Dataset items:
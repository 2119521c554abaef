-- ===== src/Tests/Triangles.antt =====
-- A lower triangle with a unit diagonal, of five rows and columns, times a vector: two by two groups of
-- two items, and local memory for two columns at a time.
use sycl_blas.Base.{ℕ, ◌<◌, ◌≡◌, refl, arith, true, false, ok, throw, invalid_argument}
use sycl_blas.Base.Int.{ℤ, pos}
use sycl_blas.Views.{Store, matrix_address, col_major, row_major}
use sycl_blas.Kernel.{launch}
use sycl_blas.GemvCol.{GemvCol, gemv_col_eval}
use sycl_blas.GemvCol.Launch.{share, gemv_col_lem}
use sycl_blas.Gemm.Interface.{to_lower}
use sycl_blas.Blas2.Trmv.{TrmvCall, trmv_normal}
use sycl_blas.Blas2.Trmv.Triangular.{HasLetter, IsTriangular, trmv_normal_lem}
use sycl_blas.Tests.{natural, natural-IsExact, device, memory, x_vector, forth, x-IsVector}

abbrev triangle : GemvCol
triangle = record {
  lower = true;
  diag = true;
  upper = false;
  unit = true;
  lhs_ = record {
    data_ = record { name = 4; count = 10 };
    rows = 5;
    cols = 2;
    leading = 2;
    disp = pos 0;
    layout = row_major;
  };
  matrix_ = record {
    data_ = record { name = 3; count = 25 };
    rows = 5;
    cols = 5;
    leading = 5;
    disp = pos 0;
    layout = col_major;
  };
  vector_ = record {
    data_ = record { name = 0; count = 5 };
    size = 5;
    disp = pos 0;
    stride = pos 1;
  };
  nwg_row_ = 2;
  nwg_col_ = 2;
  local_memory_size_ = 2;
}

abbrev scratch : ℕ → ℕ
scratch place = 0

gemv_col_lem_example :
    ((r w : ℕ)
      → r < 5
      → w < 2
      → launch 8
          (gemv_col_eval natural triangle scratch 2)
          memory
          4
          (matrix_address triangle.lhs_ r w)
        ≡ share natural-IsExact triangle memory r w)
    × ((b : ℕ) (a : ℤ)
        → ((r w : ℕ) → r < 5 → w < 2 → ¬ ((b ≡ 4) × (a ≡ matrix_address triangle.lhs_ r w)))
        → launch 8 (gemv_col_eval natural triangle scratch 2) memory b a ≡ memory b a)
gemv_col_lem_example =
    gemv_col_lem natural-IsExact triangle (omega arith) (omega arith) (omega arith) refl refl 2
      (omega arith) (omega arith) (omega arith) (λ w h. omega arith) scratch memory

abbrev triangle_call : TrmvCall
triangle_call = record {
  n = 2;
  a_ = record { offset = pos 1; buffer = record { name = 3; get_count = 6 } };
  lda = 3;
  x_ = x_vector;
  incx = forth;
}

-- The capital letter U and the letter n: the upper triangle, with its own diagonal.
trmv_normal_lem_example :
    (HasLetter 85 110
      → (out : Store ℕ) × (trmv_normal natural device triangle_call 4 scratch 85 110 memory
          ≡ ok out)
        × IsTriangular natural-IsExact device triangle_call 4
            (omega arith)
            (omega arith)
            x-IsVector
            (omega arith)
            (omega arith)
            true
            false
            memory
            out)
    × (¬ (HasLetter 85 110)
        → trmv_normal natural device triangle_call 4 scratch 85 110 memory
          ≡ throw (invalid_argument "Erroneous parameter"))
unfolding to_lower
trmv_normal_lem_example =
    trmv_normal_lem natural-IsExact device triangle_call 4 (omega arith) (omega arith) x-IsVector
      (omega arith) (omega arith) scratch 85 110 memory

---

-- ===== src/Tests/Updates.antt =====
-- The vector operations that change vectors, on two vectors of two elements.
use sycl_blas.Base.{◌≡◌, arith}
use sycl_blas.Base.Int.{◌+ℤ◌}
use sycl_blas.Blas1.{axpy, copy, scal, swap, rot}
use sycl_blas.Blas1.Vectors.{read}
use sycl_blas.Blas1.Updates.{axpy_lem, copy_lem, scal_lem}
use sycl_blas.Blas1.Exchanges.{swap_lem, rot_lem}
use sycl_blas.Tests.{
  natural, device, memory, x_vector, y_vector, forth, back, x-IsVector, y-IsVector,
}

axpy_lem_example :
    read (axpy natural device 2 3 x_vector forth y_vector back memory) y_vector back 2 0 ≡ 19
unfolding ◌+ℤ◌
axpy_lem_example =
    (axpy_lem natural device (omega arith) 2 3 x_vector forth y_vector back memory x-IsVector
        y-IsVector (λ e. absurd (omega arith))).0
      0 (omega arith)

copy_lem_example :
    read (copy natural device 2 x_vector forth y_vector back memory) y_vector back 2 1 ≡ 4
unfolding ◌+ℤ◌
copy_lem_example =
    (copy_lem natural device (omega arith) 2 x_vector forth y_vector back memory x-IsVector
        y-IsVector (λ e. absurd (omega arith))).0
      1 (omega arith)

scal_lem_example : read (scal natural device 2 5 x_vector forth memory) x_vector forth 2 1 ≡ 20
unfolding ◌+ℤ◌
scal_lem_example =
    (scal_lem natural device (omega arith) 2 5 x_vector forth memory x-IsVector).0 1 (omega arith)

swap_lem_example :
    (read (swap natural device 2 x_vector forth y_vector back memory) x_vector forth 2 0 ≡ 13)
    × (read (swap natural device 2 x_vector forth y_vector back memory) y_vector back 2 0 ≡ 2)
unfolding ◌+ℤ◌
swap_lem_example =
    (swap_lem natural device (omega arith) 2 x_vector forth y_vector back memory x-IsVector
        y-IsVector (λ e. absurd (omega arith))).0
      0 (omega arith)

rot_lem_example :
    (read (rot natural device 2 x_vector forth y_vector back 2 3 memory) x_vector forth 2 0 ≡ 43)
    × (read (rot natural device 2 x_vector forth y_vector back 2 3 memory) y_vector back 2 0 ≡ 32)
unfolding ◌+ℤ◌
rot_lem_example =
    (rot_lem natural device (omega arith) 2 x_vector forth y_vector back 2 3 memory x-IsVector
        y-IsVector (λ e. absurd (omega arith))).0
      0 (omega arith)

YOUR TASK
Print, from the entries above, the line with "repository 2119521c554abaef", the line with "abbrev scratch : ℕ → ℕ" and all lines between them, exactly and with nothing else.

SOLUTION TO THIS TASK
repository 2119521c554abaef
-- ===== src/Tests/Triangles.antt =====
-- A lower triangle with a unit diagonal, of five rows and columns, times a vector: two by two groups of
-- two items, and local memory for two columns at a time.
use sycl_blas.Base.{ℕ, ◌<◌, ◌≡◌, refl, arith, true, false, ok, throw, invalid_argument}
use sycl_blas.Base.Int.{ℤ, pos}
use sycl_blas.Views.{Store, matrix_address, col_major, row_major}
use sycl_blas.Kernel.{launch}
use sycl_blas.GemvCol.{GemvCol, gemv_col_eval}
use sycl_blas.GemvCol.Launch.{share, gemv_col_lem}
use sycl_blas.Gemm.Interface.{to_lower}
use sycl_blas.Blas2.Trmv.{TrmvCall, trmv_normal}
use sycl_blas.Blas2.Trmv.Triangular.{HasLetter, IsTriangular, trmv_normal_lem}
use sycl_blas.Tests.{natural, natural-IsExact, device, memory, x_vector, forth, x-IsVector}

abbrev triangle : GemvCol
triangle = record {
  lower = true;
  diag = true;
  upper = false;
  unit = true;
  lhs_ = record {
    data_ = record { name = 4; count = 10 };
    rows = 5;
    cols = 2;
    leading = 2;
    disp = pos 0;
    layout = row_major;
  };
  matrix_ = record {
    data_ = record { name = 3; count = 25 };
    rows = 5;
    cols = 5;
    leading = 5;
    disp = pos 0;
    layout = col_major;
  };
  vector_ = record {
    data_ = record { name = 0; count = 5 };
    size = 5;
    disp = pos 0;
    stride = pos 1;
  };
  nwg_row_ = 2;
  nwg_col_ = 2;
  local_memory_size_ = 2;
}

abbrev scratch : ℕ → ℕ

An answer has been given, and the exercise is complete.